[Collected data]

Start of Block

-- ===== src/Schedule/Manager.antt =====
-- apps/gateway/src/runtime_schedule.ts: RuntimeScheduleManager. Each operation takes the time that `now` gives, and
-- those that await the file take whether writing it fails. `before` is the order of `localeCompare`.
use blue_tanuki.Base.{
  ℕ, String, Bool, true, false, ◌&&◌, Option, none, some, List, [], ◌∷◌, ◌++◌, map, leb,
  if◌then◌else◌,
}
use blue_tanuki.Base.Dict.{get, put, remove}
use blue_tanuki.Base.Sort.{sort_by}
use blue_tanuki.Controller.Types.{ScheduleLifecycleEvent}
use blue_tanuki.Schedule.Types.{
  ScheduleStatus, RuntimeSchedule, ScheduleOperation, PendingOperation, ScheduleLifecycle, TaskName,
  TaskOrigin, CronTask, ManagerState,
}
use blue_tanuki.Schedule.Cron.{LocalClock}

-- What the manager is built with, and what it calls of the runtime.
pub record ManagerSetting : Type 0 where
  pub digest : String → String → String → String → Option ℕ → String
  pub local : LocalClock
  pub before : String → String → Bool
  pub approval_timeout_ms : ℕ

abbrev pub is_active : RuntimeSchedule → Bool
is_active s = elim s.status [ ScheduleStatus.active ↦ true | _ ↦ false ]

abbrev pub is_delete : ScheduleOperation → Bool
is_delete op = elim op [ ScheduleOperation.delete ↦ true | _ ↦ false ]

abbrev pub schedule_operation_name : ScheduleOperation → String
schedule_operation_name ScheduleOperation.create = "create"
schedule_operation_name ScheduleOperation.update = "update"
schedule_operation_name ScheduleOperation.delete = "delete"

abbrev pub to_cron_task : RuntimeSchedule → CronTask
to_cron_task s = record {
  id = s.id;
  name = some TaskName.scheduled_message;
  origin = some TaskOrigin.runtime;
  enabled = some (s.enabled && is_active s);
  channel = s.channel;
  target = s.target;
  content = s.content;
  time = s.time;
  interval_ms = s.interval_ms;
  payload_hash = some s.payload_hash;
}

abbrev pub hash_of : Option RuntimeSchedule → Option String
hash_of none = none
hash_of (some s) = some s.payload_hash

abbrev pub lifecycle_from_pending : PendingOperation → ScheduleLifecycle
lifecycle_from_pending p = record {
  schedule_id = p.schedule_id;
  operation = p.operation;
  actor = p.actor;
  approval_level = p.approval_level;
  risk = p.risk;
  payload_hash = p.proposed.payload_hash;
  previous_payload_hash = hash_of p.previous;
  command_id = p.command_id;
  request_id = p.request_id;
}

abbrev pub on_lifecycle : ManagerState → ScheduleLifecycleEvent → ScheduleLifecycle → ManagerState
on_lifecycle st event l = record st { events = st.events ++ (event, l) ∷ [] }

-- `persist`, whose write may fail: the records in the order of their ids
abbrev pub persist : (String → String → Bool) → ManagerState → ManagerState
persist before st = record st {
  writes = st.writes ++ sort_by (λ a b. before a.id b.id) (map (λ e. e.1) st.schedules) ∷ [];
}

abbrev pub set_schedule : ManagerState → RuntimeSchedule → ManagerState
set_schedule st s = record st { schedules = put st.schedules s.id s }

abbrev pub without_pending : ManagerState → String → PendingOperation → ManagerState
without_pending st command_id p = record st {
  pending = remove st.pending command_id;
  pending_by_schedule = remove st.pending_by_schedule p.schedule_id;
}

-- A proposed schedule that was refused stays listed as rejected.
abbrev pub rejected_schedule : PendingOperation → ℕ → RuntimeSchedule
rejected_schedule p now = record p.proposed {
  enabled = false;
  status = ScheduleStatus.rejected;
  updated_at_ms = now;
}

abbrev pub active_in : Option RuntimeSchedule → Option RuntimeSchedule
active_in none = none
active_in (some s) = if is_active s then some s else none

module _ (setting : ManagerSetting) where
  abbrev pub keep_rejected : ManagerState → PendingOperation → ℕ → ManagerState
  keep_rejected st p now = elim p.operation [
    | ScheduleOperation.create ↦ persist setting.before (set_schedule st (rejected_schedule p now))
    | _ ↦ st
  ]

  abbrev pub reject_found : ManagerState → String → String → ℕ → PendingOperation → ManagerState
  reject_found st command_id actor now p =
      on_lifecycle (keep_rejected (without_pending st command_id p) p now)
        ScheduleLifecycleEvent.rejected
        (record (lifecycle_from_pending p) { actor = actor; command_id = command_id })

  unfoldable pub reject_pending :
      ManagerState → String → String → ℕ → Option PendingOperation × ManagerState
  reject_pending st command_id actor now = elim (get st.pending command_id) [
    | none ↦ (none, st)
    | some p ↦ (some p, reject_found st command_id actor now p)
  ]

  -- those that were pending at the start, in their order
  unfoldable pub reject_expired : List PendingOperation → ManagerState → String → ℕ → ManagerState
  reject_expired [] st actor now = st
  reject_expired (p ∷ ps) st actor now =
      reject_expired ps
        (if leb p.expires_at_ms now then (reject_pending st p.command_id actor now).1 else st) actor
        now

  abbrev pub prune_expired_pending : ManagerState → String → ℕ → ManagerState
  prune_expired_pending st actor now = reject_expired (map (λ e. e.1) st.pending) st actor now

End of Block
Start of Block

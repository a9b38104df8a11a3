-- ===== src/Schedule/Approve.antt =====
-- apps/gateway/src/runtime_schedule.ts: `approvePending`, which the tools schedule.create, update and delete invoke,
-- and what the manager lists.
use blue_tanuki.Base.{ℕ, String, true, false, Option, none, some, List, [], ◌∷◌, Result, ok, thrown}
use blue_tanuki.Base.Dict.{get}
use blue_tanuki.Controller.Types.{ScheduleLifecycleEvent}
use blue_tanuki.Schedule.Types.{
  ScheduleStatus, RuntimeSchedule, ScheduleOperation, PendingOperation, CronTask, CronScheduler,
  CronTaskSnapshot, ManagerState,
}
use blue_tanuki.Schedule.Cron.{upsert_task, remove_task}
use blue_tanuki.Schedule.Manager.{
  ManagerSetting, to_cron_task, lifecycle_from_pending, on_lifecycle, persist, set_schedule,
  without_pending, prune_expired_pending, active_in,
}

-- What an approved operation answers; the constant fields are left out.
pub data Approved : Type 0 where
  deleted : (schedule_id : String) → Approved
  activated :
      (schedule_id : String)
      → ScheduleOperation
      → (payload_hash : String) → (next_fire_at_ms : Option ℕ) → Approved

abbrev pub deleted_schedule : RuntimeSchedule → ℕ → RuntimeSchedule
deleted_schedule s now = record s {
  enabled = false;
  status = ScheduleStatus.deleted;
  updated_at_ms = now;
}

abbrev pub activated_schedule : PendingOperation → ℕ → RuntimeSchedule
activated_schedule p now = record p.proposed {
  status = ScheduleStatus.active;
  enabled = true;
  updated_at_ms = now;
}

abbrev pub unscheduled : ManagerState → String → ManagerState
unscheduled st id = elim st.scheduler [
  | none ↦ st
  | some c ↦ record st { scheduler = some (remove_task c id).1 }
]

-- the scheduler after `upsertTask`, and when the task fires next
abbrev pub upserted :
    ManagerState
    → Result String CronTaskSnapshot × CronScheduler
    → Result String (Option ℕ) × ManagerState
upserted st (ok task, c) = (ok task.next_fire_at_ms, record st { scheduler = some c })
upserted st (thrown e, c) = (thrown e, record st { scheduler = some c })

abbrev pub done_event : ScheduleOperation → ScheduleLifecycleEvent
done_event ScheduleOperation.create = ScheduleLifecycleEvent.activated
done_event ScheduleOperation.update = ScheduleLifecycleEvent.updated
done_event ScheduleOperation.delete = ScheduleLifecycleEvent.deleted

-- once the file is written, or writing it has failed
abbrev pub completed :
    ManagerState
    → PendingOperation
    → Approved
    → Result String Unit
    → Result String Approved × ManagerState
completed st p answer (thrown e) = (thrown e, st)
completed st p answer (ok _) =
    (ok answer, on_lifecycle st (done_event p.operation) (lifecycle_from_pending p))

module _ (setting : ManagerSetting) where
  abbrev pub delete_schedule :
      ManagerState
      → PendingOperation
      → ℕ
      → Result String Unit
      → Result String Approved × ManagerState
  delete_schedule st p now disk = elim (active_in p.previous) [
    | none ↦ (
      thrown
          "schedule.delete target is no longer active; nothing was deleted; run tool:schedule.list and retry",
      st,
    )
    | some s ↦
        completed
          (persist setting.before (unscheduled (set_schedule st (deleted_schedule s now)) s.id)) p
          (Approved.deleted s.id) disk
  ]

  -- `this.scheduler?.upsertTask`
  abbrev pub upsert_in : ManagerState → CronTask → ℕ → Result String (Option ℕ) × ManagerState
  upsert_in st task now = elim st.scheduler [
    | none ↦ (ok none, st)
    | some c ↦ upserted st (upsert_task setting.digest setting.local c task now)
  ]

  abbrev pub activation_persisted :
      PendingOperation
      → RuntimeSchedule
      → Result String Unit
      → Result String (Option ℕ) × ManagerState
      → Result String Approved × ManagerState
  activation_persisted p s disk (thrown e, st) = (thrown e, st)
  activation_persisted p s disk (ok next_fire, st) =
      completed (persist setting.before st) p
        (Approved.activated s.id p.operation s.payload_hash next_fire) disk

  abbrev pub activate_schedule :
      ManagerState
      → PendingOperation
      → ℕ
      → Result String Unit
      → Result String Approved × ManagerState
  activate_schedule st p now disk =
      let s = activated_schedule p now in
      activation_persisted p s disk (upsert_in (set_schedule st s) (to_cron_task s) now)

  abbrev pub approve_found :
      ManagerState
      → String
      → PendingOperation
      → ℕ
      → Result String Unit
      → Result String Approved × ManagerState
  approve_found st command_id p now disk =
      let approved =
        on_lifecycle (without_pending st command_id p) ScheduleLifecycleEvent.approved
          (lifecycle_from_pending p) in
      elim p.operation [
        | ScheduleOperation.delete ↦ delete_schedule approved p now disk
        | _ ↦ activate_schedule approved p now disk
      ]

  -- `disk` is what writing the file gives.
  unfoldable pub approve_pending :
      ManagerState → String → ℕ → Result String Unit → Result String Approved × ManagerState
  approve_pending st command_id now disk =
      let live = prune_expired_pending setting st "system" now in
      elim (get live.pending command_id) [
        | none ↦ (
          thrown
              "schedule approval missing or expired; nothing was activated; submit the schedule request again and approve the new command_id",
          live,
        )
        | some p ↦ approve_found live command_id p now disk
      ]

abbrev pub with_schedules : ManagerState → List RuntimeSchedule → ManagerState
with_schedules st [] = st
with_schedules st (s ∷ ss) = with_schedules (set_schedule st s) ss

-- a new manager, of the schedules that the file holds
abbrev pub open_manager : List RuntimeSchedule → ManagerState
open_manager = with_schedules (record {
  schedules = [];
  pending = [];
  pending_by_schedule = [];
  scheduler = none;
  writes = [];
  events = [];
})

End of Block

# EXERCISE GOAL
In the records above, how many lines contain the string "apps"? Only that number should be written.

# RESPONSE TO THE EXERCISE
2